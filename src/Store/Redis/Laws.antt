-- ===== src/Store/Redis/Laws.antt =====
-- The Redis-backed Store of internal/store/store.go keeps the promises of SlotStore.
use gmmff.Prelude.{
  ◌≡◌, ◌≢◌, refl, ap, ◌⊎◌, inl, inr, Bool, true, false, List, [], ◌∷◌, Option, none, some, arith,
  Option-cases, Bool-cases, get_or,
}
use gmmff.Prelude.Bytes.{Bytes}
use gmmff.Slot.{Slot}
use gmmff.Store.{slot_not_found, Fetched, found, missed, SlotStore}
use gmmff.Store.Redis.{
  Reply, bulk, nil, broken, Redis, SlotJson, slot_key, code_key, on_reply, get_by_id, resolve,
  get_by_code, persist, claimed, create, update, delete_fetched, delete, stored,
}

slot_key_injective : (i j : Bytes) → slot_key i ≡ slot_key j → i ≡ j
unfolding slot_key
slot_key_injective i j h = cc

slot_key-ne-code_key : (i c : Bytes) → slot_key i ≢ code_key c
unfolding slot_key code_key
slot_key-ne-code_key i c h = omega (arith, ap (λ b. get_or b 0 0) h)

module _ (r : Redis) (json : SlotJson) where
  open r use {World, value, get, set, setnx, del}
  open json use {marshal, unmarshal}

  -- A slot that was stored keeps its bytes: the step from the bytes to the slot, once.
  stored_from :
      (P : Bytes → Type 0) (i : Bytes) (w : World) (x : Slot)
      → ((v : Bytes) → value (slot_key i) w ≡ some v → unmarshal v ≡ some x → P v)
      → stored r json i w ≡ some x
      → (v : Bytes) × P v
  stored_from P i w x k h = elim (Option-cases (value (slot_key i) w)) [
    | inl e ↦ absurd (ground arith)
    | inr (v, e) ↦ (v, k v e (ground arith))
  ]

  stored_to :
      (i v : Bytes) (w : World) (x : Slot)
      → value (slot_key i) w ≡ some v
      → unmarshal v ≡ some x
      → stored r json i w ≡ some x
  stored_to i v w x h e = ground arith

  -- A command that loses values at most stores no new slot.
  keeps_stored :
      (w w' : World)
      → ((j v : Bytes) → value j w' ≡ some v → value j w ≡ some v)
      → (i : Bytes) (x : Slot) → stored r json i w' ≡ some x
      → stored r json i w ≡ some x
  keeps_stored w w' keep i x h =
      (stored_from (λ v. stored r json i w ≡ some x) i w' x
        (λ v e d. stored_to i v w x (keep (slot_key i) v e) d) h).1

  set_stored :
      (s : Slot) (w : World) (i : Bytes) (x : Slot)
      → stored r json i (set (slot_key s.id) (marshal s) w).0 ≡ some x
      → (stored r json i w ≡ some x) ⊎ ((x ≡ s) × (i ≡ s.id))
  set_stored s w i x h =
      (stored_from (λ v. (stored r json i w ≡ some x) ⊎ ((x ≡ s) × (i ≡ s.id))) i
        (set (slot_key s.id) (marshal s) w).0 x
        (λ v e d. elim (r.set_writes (slot_key s.id) (marshal s) w (slot_key i) v e) [
          | inl old ↦ inl (stored_to i v w x old d)
          | inr (k, b) ↦ inr (cc (json.unmarshal-marshal s), slot_key_injective i s.id k)
        ])
        h).1

  setnx_stored :
      (c b : Bytes) (w : World) (i : Bytes) (x : Slot)
      → stored r json i (setnx (code_key c) b w).0 ≡ some x
      → stored r json i w ≡ some x
  setnx_stored c b w i x h =
      (stored_from (λ v. stored r json i w ≡ some x) i (setnx (code_key c) b w).0 x
        (λ v e d. elim (r.setnx_writes (code_key c) b w (slot_key i) v e) [
          | inl old ↦ stored_to i v w x old d
          | inr (k, _) ↦ absurd (slot_key-ne-code_key i c k)
        ])
        h).1

  del_stored :
      (ks : List Bytes) (w : World) (i : Bytes) (x : Slot)
      → stored r json i (del ks w).0 ≡ some x
      → stored r json i w ≡ some x
  del_stored ks w i x h = keeps_stored w (del ks w).0 (r.del_keeps ks w) i x h

  get_stored :
      (k : Bytes) (w : World) (i : Bytes) (x : Slot)
      → stored r json i (get k w).0 ≡ some x
      → stored r json i w ≡ some x
  get_stored k w i x h = keeps_stored w (get k w).0 (r.get_keeps k w) i x h

  after_set : Slot → World → World
  after_set s w = (set (slot_key s.id) (marshal s) w).0

  persist_origin :
      (s : Slot) (w : World) (i : Bytes) (x : Slot)
      → stored r json i (persist r json s w).0 ≡ some x
      → (stored r json i w ≡ some x) ⊎ ((x ≡ s) × (i ≡ s.id))
  unfolding persist after_set
  persist_origin s w i x h = elim (Bool-cases (set (slot_key s.id) (marshal s) w).1) [
    | inl e ↦ set_stored s w i x (rw (e, persist) at h)
    | inr e ↦
        set_stored s w i x
          (del_stored (code_key s.code ∷ []) (after_set s w) i x (rw (e, persist) at h))
  ]

  claimed_origin :
      (s : Slot) (o : Option Bool) (w : World) (i : Bytes) (x : Slot)
      → stored r json i (claimed r json s o w).0 ≡ some x
      → (stored r json i w ≡ some x) ⊎ ((x ≡ s) × (i ≡ s.id))
  unfolding claimed
  claimed_origin s none w i x h = inl h
  claimed_origin s (some false) w i x h = inl h
  claimed_origin s (some true) w i x h = persist_origin s w i x h

  pub create_origin :
      (s : Slot) (w : World) (i : Bytes) (x : Slot)
      → stored r json i (create r json s w).0 ≡ some x
      → (stored r json i w ≡ some x) ⊎ ((x ≡ s) × (i ≡ s.id))
  unfolding create
  create_origin s w i x h =
      let (w', reply) = setnx (code_key s.code) s.id w in
      elim (claimed_origin s reply w' i x h) [
        | inl old ↦ inl (setnx_stored s.code s.id w i x old)
        | inr made ↦ inr made
      ]

  pub update_origin :
      (s : Slot) (w : World) (i : Bytes) (x : Slot)
      → stored r json i (update r json s w).0 ≡ some x
      → (stored r json i w ≡ some x) ⊎ ((x ≡ s) × (i ≡ s.id))
  unfolding update
  update_origin s w i x h = set_stored s w i x h

  pub get_by_id_origin :
      (k : Bytes) (w : World) (i : Bytes) (x : Slot)
      → stored r json i (get_by_id r json k w).0 ≡ some x
      → stored r json i w ≡ some x
  unfolding get_by_id
  get_by_id_origin k w i x h = get_stored (slot_key k) w i x h

  on_reply_found :
      (o : Reply) (x : Slot)
      → on_reply r json o ≡ found x
      → (v : Bytes) × (o ≡ bulk v) × (unmarshal v ≡ some x)
  on_reply_found (bulk v) x h = (v, refl, ground arith)
  on_reply_found nil x h = absurd (ground arith)
  on_reply_found broken x h = absurd (ground arith)

  pub get_by_id_found :
      (k : Bytes) (w : World) (x : Slot)
      → (get_by_id r json k w).1 ≡ found x
      → stored r json k w ≡ some x
  unfolding get_by_id
  get_by_id_found k w x h =
      let (v, e, d) = on_reply_found (get (slot_key k) w).1 x h in
      stored_to k v w x (r.get_reply (slot_key k) w v e) d

  resolve_origin :
      (o : Reply) (w : World) (i : Bytes) (x : Slot)
      → stored r json i (resolve r json o w).0 ≡ some x
      → stored r json i w ≡ some x
  unfolding resolve
  resolve_origin (bulk k) w i x h = get_by_id_origin k w i x h
  resolve_origin nil w i x h = h
  resolve_origin broken w i x h = h

  pub get_by_code_origin :
      (c : Bytes) (w : World) (i : Bytes) (x : Slot)
      → stored r json i (get_by_code r json c w).0 ≡ some x
      → stored r json i w ≡ some x
  unfolding get_by_code
  get_by_code_origin c w i x h =
      let (w', reply) = get (code_key c) w in
      get_stored (code_key c) w i x (resolve_origin reply w' i x h)

  resolve_found :
      (o : Reply) (w : World) (x : Slot)
      → (resolve r json o w).1 ≡ found x
      → (i : Bytes) × (stored r json i w ≡ some x)
  unfolding resolve
  resolve_found (bulk k) w x h = (k, get_by_id_found k w x h)
  resolve_found nil w x h = absurd (ground arith)
  resolve_found broken w x h = absurd (ground arith)

  pub get_by_code_found :
      (c : Bytes) (w : World) (x : Slot)
      → (get_by_code r json c w).1 ≡ found x
      → (i : Bytes) × (stored r json i w ≡ some x)
  unfolding get_by_code
  get_by_code_found c w x h =
      let (w', reply) = get (code_key c) w in
      let (i, e) = resolve_found reply w' x h in (i, get_stored (code_key c) w i x e)

  delete_fetched_origin :
      (k : Bytes) (f : Fetched) (w : World) (i : Bytes) (x : Slot)
      → stored r json i (delete_fetched r json k f w).0 ≡ some x
      → stored r json i w ≡ some x
  unfolding delete_fetched
  delete_fetched_origin k (missed slot_not_found) w i x h = h
  delete_fetched_origin k (missed _) w i x h = h
  delete_fetched_origin k (found s) w i x h = del_stored (slot_key k ∷ code_key s.code ∷ []) w i x h

  pub delete_origin :
      (k : Bytes) (w : World) (i : Bytes) (x : Slot)
      → stored r json i (delete r json k w).0 ≡ some x
      → stored r json i w ≡ some x
  unfolding delete
  delete_origin k w i x h =
      let (w', f) = get_by_id r json k w in
      get_by_id_origin k w i x (delete_fetched_origin k f w' i x h)

  on_reply_nil : (o : Reply) → on_reply r json o ≡ missed slot_not_found → o ≡ nil
  on_reply_nil (bulk v) h = absurd (ground arith)
  on_reply_nil nil h = refl
  on_reply_nil broken h = cc

  get_by_id_nil :
      (k : Bytes) (w : World)
      → (get_by_id r json k w).1 ≡ missed slot_not_found
      → stored r json k (get_by_id r json k w).0 ≡ none
  unfolding get_by_id
  get_by_id_nil k w h = rw (r.get_nil (slot_key k) w (on_reply_nil (get (slot_key k) w).1 h)) refl

  delete_fetched_gone :
      (k : Bytes) (f : Fetched) (w : World)
      → (f ≡ missed slot_not_found → stored r json k w ≡ none)
      → (delete_fetched r json k f w).1 ≡ none
      → stored r json k (delete_fetched r json k f w).0 ≡ none
  unfolding delete_fetched
  delete_fetched_gone k (missed slot_not_found) w gone h = gone refl
  delete_fetched_gone k (missed _) w gone h = cc
  delete_fetched_gone k (found s) w gone h =
      rw (r.del_first (slot_key k) (code_key s.code ∷ []) w (ground arith)) refl

  pub delete_gone :
      (k : Bytes) (w : World)
      → (delete r json k w).1 ≡ none
      → stored r json k (delete r json k w).0 ≡ none
  unfolding delete
  delete_gone k w h =
      let (w', f) = get_by_id r json k w in delete_fetched_gone k f w' (get_by_id_nil k w) h

  -- The Redis-backed Store keeps the promises of the interface, whatever fails or expires.
  abbrev pub redis_store : SlotStore
  redis_store = record {
    State = World;
    stored = stored r json;
    create = create r json;
    update = update r json;
    delete = delete r json;
    get_by_id = get_by_id r json;
    get_by_code = get_by_code r json;
    create_origin = create_origin;
    update_origin = update_origin;
    delete_origin = delete_origin;
    delete_gone = delete_gone;
    get_by_id_origin = get_by_id_origin;
    get_by_id_found = get_by_id_found;
    get_by_code_origin = get_by_code_origin;
    get_by_code_found = get_by_code_found;
  }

==================================================

WHAT IS EXPECTED:
Scan the data above for the word "true" and report every line where it is found.

ANSWER BOX:
  ◌≡◌, ◌≢◌, refl, ap, ◌⊎◌, inl, inr, Bool, true, false, List, [], ◌∷◌, Option, none, some, arith,
  claimed_origin s (some true) w i x h = persist_origin s w i x h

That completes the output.